▸ Task requirements:
Some of the lines below need repeating. Reproduce exactly those between the lines holding "has_row-snoc [] r x = ground arith" and "at-within (y ∷ xs) (suc", inclusive.

** Material provided follows **

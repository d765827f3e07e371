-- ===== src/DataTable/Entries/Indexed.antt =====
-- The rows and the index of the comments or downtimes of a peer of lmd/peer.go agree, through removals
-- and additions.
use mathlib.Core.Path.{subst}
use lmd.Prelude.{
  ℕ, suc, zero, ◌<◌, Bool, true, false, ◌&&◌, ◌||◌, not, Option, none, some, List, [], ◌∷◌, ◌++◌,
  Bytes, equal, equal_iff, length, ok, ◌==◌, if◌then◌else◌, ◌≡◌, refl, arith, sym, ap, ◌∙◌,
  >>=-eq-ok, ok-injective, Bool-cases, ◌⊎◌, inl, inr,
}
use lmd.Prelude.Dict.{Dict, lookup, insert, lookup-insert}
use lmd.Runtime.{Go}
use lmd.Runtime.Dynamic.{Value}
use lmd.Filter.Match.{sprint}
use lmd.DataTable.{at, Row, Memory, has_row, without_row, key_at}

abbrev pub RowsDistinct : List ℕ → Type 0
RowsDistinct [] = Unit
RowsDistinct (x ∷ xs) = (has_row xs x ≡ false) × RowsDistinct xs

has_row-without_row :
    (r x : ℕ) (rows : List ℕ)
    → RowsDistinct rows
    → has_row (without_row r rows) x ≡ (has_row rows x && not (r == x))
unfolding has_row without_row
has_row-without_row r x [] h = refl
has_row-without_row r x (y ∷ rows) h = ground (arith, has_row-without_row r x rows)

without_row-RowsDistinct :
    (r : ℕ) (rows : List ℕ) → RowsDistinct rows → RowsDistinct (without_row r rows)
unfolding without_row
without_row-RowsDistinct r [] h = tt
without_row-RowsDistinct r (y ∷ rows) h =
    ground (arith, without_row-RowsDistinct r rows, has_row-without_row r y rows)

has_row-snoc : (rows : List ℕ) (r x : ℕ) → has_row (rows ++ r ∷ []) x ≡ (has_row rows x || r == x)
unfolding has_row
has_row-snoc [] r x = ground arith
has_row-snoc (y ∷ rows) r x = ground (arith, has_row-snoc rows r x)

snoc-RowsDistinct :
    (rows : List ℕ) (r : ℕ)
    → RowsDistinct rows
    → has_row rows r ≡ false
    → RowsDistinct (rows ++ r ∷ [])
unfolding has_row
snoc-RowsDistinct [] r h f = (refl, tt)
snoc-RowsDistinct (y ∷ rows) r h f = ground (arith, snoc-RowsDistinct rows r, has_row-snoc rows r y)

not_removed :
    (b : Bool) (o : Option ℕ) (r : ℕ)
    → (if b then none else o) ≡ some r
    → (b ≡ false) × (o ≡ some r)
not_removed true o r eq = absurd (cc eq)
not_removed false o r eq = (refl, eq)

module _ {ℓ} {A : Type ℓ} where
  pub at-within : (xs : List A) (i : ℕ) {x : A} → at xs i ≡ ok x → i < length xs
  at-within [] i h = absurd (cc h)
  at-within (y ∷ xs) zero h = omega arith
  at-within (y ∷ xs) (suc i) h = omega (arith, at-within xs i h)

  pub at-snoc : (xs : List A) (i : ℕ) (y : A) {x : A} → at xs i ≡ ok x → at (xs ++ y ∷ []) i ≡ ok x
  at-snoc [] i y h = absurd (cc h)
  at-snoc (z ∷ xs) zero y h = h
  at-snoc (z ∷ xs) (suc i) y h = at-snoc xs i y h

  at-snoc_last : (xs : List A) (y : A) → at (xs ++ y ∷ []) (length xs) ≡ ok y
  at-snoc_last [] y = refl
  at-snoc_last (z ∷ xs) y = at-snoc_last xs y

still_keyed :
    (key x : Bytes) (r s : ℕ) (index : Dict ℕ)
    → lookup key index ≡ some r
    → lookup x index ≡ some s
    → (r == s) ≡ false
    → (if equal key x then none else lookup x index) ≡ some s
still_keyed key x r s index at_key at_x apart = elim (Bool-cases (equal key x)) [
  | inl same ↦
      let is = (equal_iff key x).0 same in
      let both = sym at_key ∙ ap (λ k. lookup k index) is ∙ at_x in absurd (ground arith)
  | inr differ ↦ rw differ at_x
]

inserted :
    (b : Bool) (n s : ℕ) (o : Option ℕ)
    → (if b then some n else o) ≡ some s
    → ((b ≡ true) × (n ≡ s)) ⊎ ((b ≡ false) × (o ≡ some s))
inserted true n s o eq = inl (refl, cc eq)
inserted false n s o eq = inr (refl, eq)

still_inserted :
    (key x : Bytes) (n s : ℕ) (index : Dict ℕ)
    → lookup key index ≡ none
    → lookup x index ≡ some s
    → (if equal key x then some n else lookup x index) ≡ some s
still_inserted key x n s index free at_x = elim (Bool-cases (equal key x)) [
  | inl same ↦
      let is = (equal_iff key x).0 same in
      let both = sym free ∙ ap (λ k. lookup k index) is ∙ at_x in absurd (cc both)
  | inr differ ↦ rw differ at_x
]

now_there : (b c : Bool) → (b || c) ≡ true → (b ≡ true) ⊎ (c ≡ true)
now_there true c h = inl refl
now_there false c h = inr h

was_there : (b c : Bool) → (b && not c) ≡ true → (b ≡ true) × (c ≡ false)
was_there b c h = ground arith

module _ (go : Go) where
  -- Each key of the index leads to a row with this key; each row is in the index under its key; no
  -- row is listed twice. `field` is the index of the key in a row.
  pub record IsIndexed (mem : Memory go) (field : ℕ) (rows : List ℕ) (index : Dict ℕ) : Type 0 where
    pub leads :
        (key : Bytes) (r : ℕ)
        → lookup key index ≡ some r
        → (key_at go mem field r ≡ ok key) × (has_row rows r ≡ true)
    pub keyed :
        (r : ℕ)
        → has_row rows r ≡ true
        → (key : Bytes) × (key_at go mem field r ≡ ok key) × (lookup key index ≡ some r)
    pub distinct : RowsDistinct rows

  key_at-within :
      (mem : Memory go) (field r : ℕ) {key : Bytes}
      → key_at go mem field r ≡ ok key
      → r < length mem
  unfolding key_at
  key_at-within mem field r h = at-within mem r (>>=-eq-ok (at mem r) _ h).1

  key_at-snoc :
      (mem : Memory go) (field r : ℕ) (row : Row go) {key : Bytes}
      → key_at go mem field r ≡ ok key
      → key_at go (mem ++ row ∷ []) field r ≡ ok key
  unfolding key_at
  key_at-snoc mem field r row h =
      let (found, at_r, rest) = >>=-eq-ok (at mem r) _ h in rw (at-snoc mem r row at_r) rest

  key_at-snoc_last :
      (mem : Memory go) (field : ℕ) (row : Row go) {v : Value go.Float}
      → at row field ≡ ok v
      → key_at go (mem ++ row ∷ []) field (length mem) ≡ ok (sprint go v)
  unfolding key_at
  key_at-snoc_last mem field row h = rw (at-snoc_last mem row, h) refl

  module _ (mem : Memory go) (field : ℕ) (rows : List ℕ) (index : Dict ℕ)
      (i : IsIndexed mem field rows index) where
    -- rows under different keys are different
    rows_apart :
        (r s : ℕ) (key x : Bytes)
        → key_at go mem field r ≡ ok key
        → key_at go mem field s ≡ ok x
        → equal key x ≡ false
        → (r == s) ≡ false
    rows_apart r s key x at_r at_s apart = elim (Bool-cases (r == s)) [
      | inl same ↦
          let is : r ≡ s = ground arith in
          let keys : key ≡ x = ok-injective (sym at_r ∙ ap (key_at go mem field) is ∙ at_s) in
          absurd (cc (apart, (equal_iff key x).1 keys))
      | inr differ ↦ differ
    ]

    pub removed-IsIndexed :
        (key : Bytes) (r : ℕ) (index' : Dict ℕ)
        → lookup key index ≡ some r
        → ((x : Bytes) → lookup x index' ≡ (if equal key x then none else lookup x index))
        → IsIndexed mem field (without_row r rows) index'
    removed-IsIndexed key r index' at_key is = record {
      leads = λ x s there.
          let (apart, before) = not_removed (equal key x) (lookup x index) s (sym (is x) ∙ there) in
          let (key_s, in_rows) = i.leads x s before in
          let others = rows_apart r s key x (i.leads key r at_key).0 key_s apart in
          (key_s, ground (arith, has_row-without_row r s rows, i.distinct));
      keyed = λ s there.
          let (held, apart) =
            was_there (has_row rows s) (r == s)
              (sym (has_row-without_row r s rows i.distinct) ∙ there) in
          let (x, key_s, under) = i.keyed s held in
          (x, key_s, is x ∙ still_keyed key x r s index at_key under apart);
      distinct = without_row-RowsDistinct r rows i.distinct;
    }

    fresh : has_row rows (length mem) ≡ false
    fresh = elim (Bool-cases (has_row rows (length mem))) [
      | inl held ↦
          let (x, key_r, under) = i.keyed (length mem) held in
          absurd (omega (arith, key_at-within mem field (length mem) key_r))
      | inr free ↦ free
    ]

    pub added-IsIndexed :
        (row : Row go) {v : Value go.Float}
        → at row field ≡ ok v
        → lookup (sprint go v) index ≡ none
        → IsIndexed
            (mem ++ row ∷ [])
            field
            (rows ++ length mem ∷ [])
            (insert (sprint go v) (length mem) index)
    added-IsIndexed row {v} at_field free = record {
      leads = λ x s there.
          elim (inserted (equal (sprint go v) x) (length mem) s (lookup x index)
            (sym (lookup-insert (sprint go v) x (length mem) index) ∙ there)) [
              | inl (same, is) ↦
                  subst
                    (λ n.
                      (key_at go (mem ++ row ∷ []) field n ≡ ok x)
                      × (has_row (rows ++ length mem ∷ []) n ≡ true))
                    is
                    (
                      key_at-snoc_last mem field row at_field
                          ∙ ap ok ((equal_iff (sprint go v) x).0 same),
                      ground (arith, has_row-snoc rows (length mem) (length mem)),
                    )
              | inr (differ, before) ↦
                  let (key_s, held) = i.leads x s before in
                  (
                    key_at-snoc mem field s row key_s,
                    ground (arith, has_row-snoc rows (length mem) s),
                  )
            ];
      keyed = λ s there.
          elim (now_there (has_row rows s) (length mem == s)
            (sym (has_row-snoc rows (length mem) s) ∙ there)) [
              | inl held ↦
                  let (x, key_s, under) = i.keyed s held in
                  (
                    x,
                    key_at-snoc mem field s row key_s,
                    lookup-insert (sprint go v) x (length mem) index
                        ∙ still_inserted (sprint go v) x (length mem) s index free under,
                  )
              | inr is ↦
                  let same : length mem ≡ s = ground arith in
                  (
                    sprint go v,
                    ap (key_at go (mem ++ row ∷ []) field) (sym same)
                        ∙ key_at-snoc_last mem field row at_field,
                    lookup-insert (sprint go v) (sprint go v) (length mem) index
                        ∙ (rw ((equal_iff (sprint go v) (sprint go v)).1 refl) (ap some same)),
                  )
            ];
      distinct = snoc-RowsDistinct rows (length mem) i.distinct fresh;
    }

** End of Material provided **

▸ Reply to the task:
has_row-snoc [] r x = ground arith
has_row-snoc (y ∷ rows) r x = ground (arith, has_row-snoc rows r x)

snoc-RowsDistinct :
    (rows : List ℕ) (r : ℕ)
    → RowsDistinct rows
    → has_row rows r ≡ false
    → RowsDistinct (rows ++ r ∷ [])
unfolding has_row
snoc-RowsDistinct [] r h f = (refl, tt)
snoc-RowsDistinct (y ∷ rows) r h f = ground (arith, snoc-RowsDistinct rows r, has_row-snoc rows r y)

not_removed :
    (b : Bool) (o : Option ℕ) (r : ℕ)
    → (if b then none else o) ≡ some r
    → (b ≡ false) × (o ≡ some r)
not_removed true o r eq = absurd (cc eq)
not_removed false o r eq = (refl, eq)

module _ {ℓ} {A : Type ℓ} where
  pub at-within : (xs : List A) (i : ℕ) {x : A} → at xs i ≡ ok x → i < length xs
  at-within [] i h = absurd (cc h)
  at-within (y ∷ xs) zero h = omega arith
  at-within (y ∷ xs) (suc i) h = omega (arith, at-within xs i h)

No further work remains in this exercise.